Data items
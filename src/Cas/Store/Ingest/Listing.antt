-- ===== src/Cas/Store/Ingest/Listing.antt =====
-- crates/jet-cas/src/store.rs: the manifest of a directory, said without the walk.

use jetrun.Prelude.{ℕ, [], ◌∷◌, ok, Bytes, All, In, ◌≡◌, refl, ap, inl, inr, ◌⊎◌}
use jetrun.Cas.Name.Order.{bytes_cmp-eq}
use jetrun.Cas.Name.{bytes_cmp}
use jetrun.Cas.Tree.{Tree, Node, file, dir, symlink, insert}
use jetrun.Cas.Tree.Sorted.{Ordering-cases, insert_before, insert_here, insert_behind}
use jetrun.Cas.Store.{tree_digest}
use jetrun.Cas.Store.Ingest.{
  Dir, unreadable, readable, Entries, no_entries, bad_entry, entry, File, unstatable, symlink_to,
  directory, regular, special,
}
use jetrun.Cas.Store.Ingest.Kept.{IsFileOf}

-- A manifest has an entry of this name.
abbrev pub Has : Bytes → Tree → Type 0
Has name t = (node : Node) × In (name, node) t

-- Every entry of the directory has its name in the manifest.
abbrev pub HasNames : Entries → Tree → Type 0
HasNames no_entries t = Unit
HasNames (bad_entry e) t = Unit
HasNames (entry raw found rest) t = Has raw t × HasNames rest t

module _ (blob_digest tree_hash : Bytes → Bytes) where
  -- The manifest of a directory: each of its entries is one of the directory, under its name, and every
  -- name of the directory is there.
  unfoldable mutual
    pub IsListing : Dir → Tree → Type 0
    IsListing (unreadable e) t = ⊥
    IsListing (readable entries) t = All (IsListed entries) t × HasNames entries t

    pub IsListed : Entries → Bytes × Node → Type 0
    IsListed no_entries e = ⊥
    IsListed (bad_entry error) e = ⊥
    IsListed (entry raw found rest) e = ((e.0 ≡ raw) × IsNodeOf found e.1) ⊎ IsListed rest e

    pub IsNodeOf : File → Node → Type 0
    IsNodeOf (unstatable e) node = ⊥
    IsNodeOf (symlink_to link) node =
        (target : Bytes) × (link ≡ ok target) × (node ≡ symlink target)
    IsNodeOf (directory d staging) node =
        (t : Tree) × (node ≡ dir (tree_digest tree_hash t)) × IsListing d t
    IsNodeOf (regular reads executable) node =
        (a : Bytes × ℕ) × IsFileOf blob_digest reads a × (node ≡ file a.0 a.1 executable)
    IsNodeOf special node = ⊥

pub Has-insert : (name : Bytes) (node : Node) (t : Tree) → Has name (insert name node t).0
Has-insert name node [] = unfold insert in (node, inl refl)
Has-insert name node ((k, v) ∷ es) = elim (Ordering-cases (bytes_cmp name k)) [
  | inl e ↦ rw (insert_before name node k v es e) (node, inl refl)
  | inr (inl e) ↦
      rw (insert_here name node k v es e)
        (node, inl (ap (λ (x : Bytes). (x, node)) (bytes_cmp-eq name k e)))
  | inr (inr e) ↦
      let (n, m) = Has-insert name node es in rw (insert_behind name node k v es e) (n, inr m)
]

pub Has-insert_kept :
    (j name : Bytes) (node : Node) (t : Tree) → Has j t → Has j (insert name node t).0
Has-insert_kept j name node [] (n, m) = absurd m
Has-insert_kept j name node ((k, v) ∷ es) (n, inl m) = elim (Ordering-cases (bytes_cmp name k)) [
  | inl e ↦ rw (insert_before name node k v es e) (n, inr (inl m))
  | inr (inl e) ↦
      rw (insert_here name node k v es e) (node, inl (ap (λ (x : Bytes × Node). (x.0, node)) m))
  | inr (inr e) ↦ rw (insert_behind name node k v es e) (n, inl m)
]
Has-insert_kept j name node ((k, v) ∷ es) (n, inr m) = elim (Ordering-cases (bytes_cmp name k)) [
  | inl e ↦ rw (insert_before name node k v es e) (n, inr (inr m))
  | inr (inl e) ↦ rw (insert_here name node k v es e) (n, inr m)
  | inr (inr e) ↦
      let (n', m') = Has-insert_kept j name node es (n, m) in
      rw (insert_behind name node k v es e) (n', inr m')
]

### WHAT IS BEING ASKED:
Each record must be returned in full and exactly.

### RESPONSE BELOW:
filename src/Cas/Store/Ingest/Listing.antt
-- ===== src/Cas/Store/Ingest/Listing.antt =====
-- crates/jet-cas/src/store.rs: the manifest of a directory, said without the walk.

use jetrun.Prelude.{ℕ, [], ◌∷◌, ok, Bytes, All, In, ◌≡◌, refl, ap, inl, inr, ◌⊎◌}
use jetrun.Cas.Name.Order.{bytes_cmp-eq}
use jetrun.Cas.Name.{bytes_cmp}
use jetrun.Cas.Tree.{Tree, Node, file, dir, symlink, insert}
use jetrun.Cas.Tree.Sorted.{Ordering-cases, insert_before, insert_here, insert_behind}
use jetrun.Cas.Store.{tree_digest}
use jetrun.Cas.Store.Ingest.{
  Dir, unreadable, readable, Entries, no_entries, bad_entry, entry, File, unstatable, symlink_to,
  directory, regular, special,
}
use jetrun.Cas.Store.Ingest.Kept.{IsFileOf}

-- A manifest has an entry of this name.
abbrev pub Has : Bytes → Tree → Type 0
Has name t = (node : Node) × In (name, node) t

-- Every entry of the directory has its name in the manifest.
abbrev pub HasNames : Entries → Tree → Type 0
HasNames no_entries t = Unit
HasNames (bad_entry e) t = Unit
HasNames (entry raw found rest) t = Has raw t × HasNames rest t

module _ (blob_digest tree_hash : Bytes → Bytes) where
  -- The manifest of a directory: each of its entries is one of the directory, under its name, and every
  -- name of the directory is there.
  unfoldable mutual
    pub IsListing : Dir → Tree → Type 0
    IsListing (unreadable e) t = ⊥
    IsListing (readable entries) t = All (IsListed entries) t × HasNames entries t

    pub IsListed : Entries → Bytes × Node → Type 0
    IsListed no_entries e = ⊥
    IsListed (bad_entry error) e = ⊥
    IsListed (entry raw found rest) e = ((e.0 ≡ raw) × IsNodeOf found e.1) ⊎ IsListed rest e

    pub IsNodeOf : File → Node → Type 0
    IsNodeOf (unstatable e) node = ⊥
    IsNodeOf (symlink_to link) node =
        (target : Bytes) × (link ≡ ok target) × (node ≡ symlink target)
    IsNodeOf (directory d staging) node =
        (t : Tree) × (node ≡ dir (tree_digest tree_hash t)) × IsListing d t
    IsNodeOf (regular reads executable) node =
        (a : Bytes × ℕ) × IsFileOf blob_digest reads a × (node ≡ file a.0 a.1 executable)
    IsNodeOf special node = ⊥

pub Has-insert : (name : Bytes) (node : Node) (t : Tree) → Has name (insert name node t).0
Has-insert name node [] = unfold insert in (node, inl refl)
Has-insert name node ((k, v) ∷ es) = elim (Ordering-cases (bytes_cmp name k)) [
  | inl e ↦ rw (insert_before name node k v es e) (node, inl refl)
  | inr (inl e) ↦
      rw (insert_here name node k v es e)
        (node, inl (ap (λ (x : Bytes). (x, node)) (bytes_cmp-eq name k e)))
  | inr (inr e) ↦
      let (n, m) = Has-insert name node es in rw (insert_behind name node k v es e) (n, inr m)
]

pub Has-insert_kept :
    (j name : Bytes) (node : Node) (t : Tree) → Has j t → Has j (insert name node t).0
Has-insert_kept j name node [] (n, m) = absurd m
Has-insert_kept j name node ((k, v) ∷ es) (n, inl m) = elim (Ordering-cases (bytes_cmp name k)) [
  | inl e ↦ rw (insert_before name node k v es e) (n, inr (inl m))
  | inr (inl e) ↦
      rw (insert_here name node k v es e) (node, inl (ap (λ (x : Bytes × Node). (x.0, node)) m))
  | inr (inr e) ↦ rw (insert_behind name node k v es e) (n, inl m)
]
Has-insert_kept j name node ((k, v) ∷ es) (n, inr m) = elim (Ordering-cases (bytes_cmp name k)) [
  | inl e ↦ rw (insert_before name node k v es e) (n, inr (inr m))
  | inr (inl e) ↦ rw (insert_here name node k v es e) (n, inr m)
  | inr (inr e) ↦
      let (n', m') = Has-insert_kept j name node es (n, m) in
      rw (insert_behind name node k v es e) (n', inr m')
]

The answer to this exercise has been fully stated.